Hacker News new | ask | show | jobs
by felixhuttmann 1989 days ago
A few thoughts:

1) AWS dynamodb has a parallel scanning functionality for this exact use case. https://docs.aws.amazon.com/amazondynamodb/latest/developerg...

2) A typical database already internally maintains an approximately balanced b-tree for every index. Therefore, it should in principal be cheap for the database to return a list of keys that approximately divide the keyrange into N similarly large ranges, even if the key distribution is very uneven. Is somebody aware of a way where this information could be obtained in a query in e.g. postgres?

3) The term 'cursor pagination' is sometimes used for different things, either referring to an in-database concept of cursor, or sometimes as an opaque pagination token.
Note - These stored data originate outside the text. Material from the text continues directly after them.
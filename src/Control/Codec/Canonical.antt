-- ===== src/Control/Codec/Canonical.antt =====
-- The canonical byte strings of P4Runtime: `canonicalize` against the numbers, and the padding
-- that the decoders undo it with.
use p4net.Base.{
  ℕ, zero, suc, ◌-◌, ◌^◌, ◌≤◌, ◌<◌, ◌≡◌, refl, ap, sym, ◌∙◌, ◌≢◌, ◌↔◌, inl, inr, List, [], ◌∷◌,
  ◌++◌, arith, ◌==◌, true, Bool-cases, length, replicate, All, pos, length-replicate, length-append,
  All-append, ok,
}
use p4net.Builtins.Bytes.{
  IsByte, from_bytes, lstrip_zero, from_bytes-lt, from_bytes_inj, from_bytes-lstrip, lstrip-IsByte,
  length-lstrip-le, pow256_pos,
}
use p4net.Control.Codec.{
  bytes, int, n_bytes, encode_int, decode_int, canonicalize, zero_extend, or_zero,
}
use p4net.Control.Codec.Ints.{encode_int-iff-Writes, decode_bytes_ok}
use native.Mathlib.Nat.{pow-le-pow_right}

-- The shortest form: one byte at least, and no leading zero before another byte.
abbrev pub IsCanonical : List ℕ → Type 0
IsCanonical [] = ⊥
IsCanonical (b ∷ []) = Unit
IsCanonical (b ∷ c ∷ bs) = b ≢ 0

abbrev HasNoLeadingZero : List ℕ → Type 0
HasNoLeadingZero [] = Unit
HasNoLeadingZero (b ∷ bs) = b ≢ 0

lstrip-HasNoLeadingZero : (bs : List ℕ) → HasNoLeadingZero (lstrip_zero bs)
unfolding lstrip_zero
lstrip-HasNoLeadingZero [] = tt
lstrip-HasNoLeadingZero (b ∷ bs) = elim (Bool-cases (b == 0)) [
  | inl e ↦ rw e (lstrip-HasNoLeadingZero bs)
  | inr e ↦ rw e (ground arith)
]

-- With no leading zero the value tells the length.
from_bytes-ge : (b : ℕ) (bs : List ℕ) → b ≢ 0 → 256 ^ length bs ≤ from_bytes (b ∷ bs)
unfolding from_bytes
from_bytes-ge b bs h = grind (arith, pow256_pos (length bs))

shorter_is_less :
    (xs ys : List ℕ)
    → All IsByte xs
    → HasNoLeadingZero ys
    → length xs < length ys
    → from_bytes xs < from_bytes ys
shorter_is_less xs [] p q h = absurd (omega arith)
shorter_is_less xs (y ∷ ys) p q h = omega (
  arith,
  from_bytes-lt xs p,
  from_bytes-ge y ys q,
  pow-le-pow_right {n = 256} (omega arith) {i = length xs} {j = length ys} (omega arith),
)

no_leading_zero_inj :
    (xs ys : List ℕ)
    → All IsByte xs
    → All IsByte ys
    → HasNoLeadingZero xs
    → HasNoLeadingZero ys
    → from_bytes xs ≡ from_bytes ys
    → xs ≡ ys
no_leading_zero_inj xs ys p q hx hy e =
    from_bytes_inj xs ys p q
      (ground (arith, shorter_is_less xs ys p hy, shorter_is_less ys xs q hx)) e

or_zero_value : (bs : List ℕ) → from_bytes (or_zero bs) ≡ from_bytes bs
unfolding from_bytes
or_zero_value [] = omega arith
or_zero_value (b ∷ bs) = refl

pub from_bytes-canonicalize : (bs : List ℕ) → from_bytes (canonicalize bs) ≡ from_bytes bs
unfolding canonicalize
from_bytes-canonicalize bs = or_zero_value (lstrip_zero bs) ∙ from_bytes-lstrip bs

or_zero-IsCanonical : (bs : List ℕ) → HasNoLeadingZero bs → IsCanonical (or_zero bs)
or_zero-IsCanonical [] h = tt
or_zero-IsCanonical (b ∷ []) h = tt
or_zero-IsCanonical (b ∷ c ∷ bs) h = h

-- Whatever the bytes, the result is in canonical form.
pub canonicalize-IsCanonical : (bs : List ℕ) → IsCanonical (canonicalize bs)
unfolding canonicalize
canonicalize-IsCanonical bs = or_zero-IsCanonical (lstrip_zero bs) (lstrip-HasNoLeadingZero bs)

or_zero-IsByte : (bs : List ℕ) → All IsByte bs → All IsByte (or_zero bs)
or_zero-IsByte [] h = omega arith
or_zero-IsByte (b ∷ bs) h = h

pub canonicalize-IsByte : (bs : List ℕ) → All IsByte bs → All IsByte (canonicalize bs)
unfolding canonicalize
canonicalize-IsByte bs h = or_zero-IsByte (lstrip_zero bs) (lstrip-IsByte bs h)

length-or_zero : (bs : List ℕ) (n : ℕ) → length bs ≤ n → 0 < n → length (or_zero bs) ≤ n
length-or_zero [] n h k = omega arith
length-or_zero (b ∷ bs) n h k = h

pub length-canonicalize-le :
    (bs : List ℕ) (n : ℕ) → length bs ≤ n → 0 < n → length (canonicalize bs) ≤ n
unfolding canonicalize
length-canonicalize-le bs n h k =
    length-or_zero (lstrip_zero bs) n (omega (arith, length-lstrip-le bs)) k

same_value→same_canonical :
    (xs ys : List ℕ)
    → All IsByte xs
    → All IsByte ys
    → from_bytes xs ≡ from_bytes ys
    → canonicalize xs ≡ canonicalize ys
unfolding canonicalize
same_value→same_canonical xs ys p q e = ap or_zero (
    no_leading_zero_inj (lstrip_zero xs) (lstrip_zero ys) (lstrip-IsByte xs p) (lstrip-IsByte ys q)
      (lstrip-HasNoLeadingZero xs) (lstrip-HasNoLeadingZero ys)
      (cc (from_bytes-lstrip xs, from_bytes-lstrip ys)))

-- Two byte strings have one canonical form exactly when they stand for one number.
pub canonicalize-iff-same_value :
    (xs ys : List ℕ)
    → All IsByte xs
    → All IsByte ys
    → (canonicalize xs ≡ canonicalize ys) ↔ (from_bytes xs ≡ from_bytes ys)
canonicalize-iff-same_value xs ys p q = (
  λ e. cc (from_bytes-canonicalize xs, from_bytes-canonicalize ys, ap from_bytes e),
  same_value→same_canonical xs ys p q,
)

-- The canonical form is the shortest: no byte string of the same number is shorter, the empty one
-- aside.
canonical_is_shortest :
    (bs ys : List ℕ)
    → All IsByte bs
    → All IsByte ys
    → from_bytes ys ≡ from_bytes bs
    → 0 < length ys
    → length (canonicalize bs) ≤ length ys
canonical_is_shortest bs ys p q e nonempty = omega (
  arith,
  ap length (same_value→same_canonical ys bs q p e),
  length-canonicalize-le ys (length ys) (omega arith) nonempty,
)

-- The result of `canonicalize` is in canonical form (one byte at least, and no leading zero before
-- another byte), and no other non-empty byte string of its number is shorter.
pub canonicalize_shortest :
    (bs ys : List ℕ)
    → All IsByte bs
    → All IsByte ys
    → from_bytes ys ≡ from_bytes bs
    → 0 < length ys
    → IsCanonical (canonicalize bs) × (length (canonicalize bs) ≤ length ys)
canonicalize_shortest bs ys p q e nonempty =
    (canonicalize-IsCanonical bs, canonical_is_shortest bs ys p q e nonempty)

from_bytes-zeros : (n : ℕ) (bs : List ℕ) → from_bytes (replicate n 0 ++ bs) ≡ from_bytes bs
unfolding from_bytes
from_bytes-zeros zero bs = refl
from_bytes-zeros (suc n) bs = omega (arith, from_bytes-zeros n bs)

zeros-IsByte : (n : ℕ) → All IsByte (replicate n 0)
zeros-IsByte zero = tt
zeros-IsByte (suc n) = (omega arith, zeros-IsByte n)

-- What the decoders read: the bytes padded on the high side to the width.
pub padded : List ℕ → ℕ → List ℕ
padded bs w = replicate (n_bytes w - length bs) 0 ++ bs

pub padded_size : (bs : List ℕ) (w : ℕ) → length bs ≤ n_bytes w → length (padded bs w) ≡ n_bytes w
unfolding padded
padded_size bs w h = omega (
  arith,
  length-append {0} (replicate (n_bytes w - length bs) 0) bs,
  length-replicate {0} {A = ℕ} (n_bytes w - length bs) 0,
)

pub zero_extend-padded :
    (bs : List ℕ) (w : ℕ) → length bs ≤ n_bytes w → zero_extend bs w ≡ ok (padded bs w)
unfolding zero_extend padded
zero_extend-padded bs w h = elim (Bool-cases (length bs == n_bytes w)) [
  | inl e ↦ rw (full e) (ground arith)
  | inr e ↦ ground arith
]
  where
    full : (length bs == n_bytes w) ≡ true → n_bytes w - length bs ≡ 0
    full e = ground arith

zero_extend_short : (bs out : List ℕ) (w : ℕ) → zero_extend bs w ≡ ok out → length bs ≤ n_bytes w
unfolding zero_extend
zero_extend_short bs out w e = ground arith

pub zero_extend-ok :
    (bs out : List ℕ) (w : ℕ)
    → zero_extend bs w ≡ ok out
    → (length bs ≤ n_bytes w) × (out ≡ padded bs w)
zero_extend-ok bs out w e =
    let short = zero_extend_short bs out w e in (short, cc (zero_extend-padded bs w short))

pub padded-IsByte : (bs : List ℕ) (w : ℕ) → All IsByte bs → All IsByte (padded bs w)
unfolding padded
padded-IsByte bs w h = All-append IsByte _ bs (zeros-IsByte (n_bytes w - length bs)) h

pub padded_value : (bs : List ℕ) (w : ℕ) → from_bytes (padded bs w) ≡ from_bytes bs
unfolding padded
padded_value bs w = from_bytes-zeros (n_bytes w - length bs) bs

-- Padding undoes `canonicalize` on a byte string of the full width.
pub zero_extend-canonicalize :
    (bs : List ℕ) (w : ℕ)
    → 0 < w
    → length bs ≡ n_bytes w
    → All IsByte bs
    → zero_extend (canonicalize bs) w ≡ ok bs
zero_extend-canonicalize bs w h size digits = zero_extend-padded _ w short ∙ ap ok same
  where
    short : length (canonicalize bs) ≤ n_bytes w
    short = length-canonicalize-le bs (n_bytes w) (omega arith) (omega arith)

    same : padded (canonicalize bs) w ≡ bs
    same =
        from_bytes_inj _ bs (padded-IsByte _ w (canonicalize-IsByte bs digits)) digits
          (padded_size _ w short ∙ sym size)
          (padded_value (canonicalize bs) w ∙ from_bytes-canonicalize bs)

-- An int survives encoding, stripping to canonical form, and decoding at its width.
pub decode-canonicalize-encode :
    (n w : ℕ) (bs : List ℕ)
    → encode_int (int (pos n)) w ≡ ok bs
    → (decode_int (bytes bs) w ≡ ok n) × (decode_int (bytes (canonicalize bs)) w ≡ ok n)
unfolding decode_int
decode-canonicalize-encode n w bs e =
    let h = (encode_int-iff-Writes n w bs).0 e in
    let value : from_bytes (canonicalize bs) ≡ n = from_bytes-canonicalize bs ∙ h.value in
    let short = length-canonicalize-le bs (n_bytes w) (omega (arith, h.size)) in
    (
      decode_bytes_ok bs w h.positive (omega (arith, h.size)) (rw h.value h.fits) ∙ ap ok h.value,
      decode_bytes_ok (canonicalize bs) w h.positive (short (omega (arith, h.positive)))
            (rw value h.fits)
          ∙ ap ok value,
    )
Therefore, for the concept described in the article, I have come to prefer the term keyset pagination, as described in https://www.citusdata.com/blog/2016/03/30/five-ways-to-pagin.... The term keyset pagination makes it clear that we are paginating using conditions on a set of columns that form a unique key for the table.

1 comments

>a way where this information could be obtained in a query

There's no standard way because index implementation details are hidden for a reason.

>in e.g. postgres

You can query pg_stats view (histogram_bounds column in particular) after statistics are collected.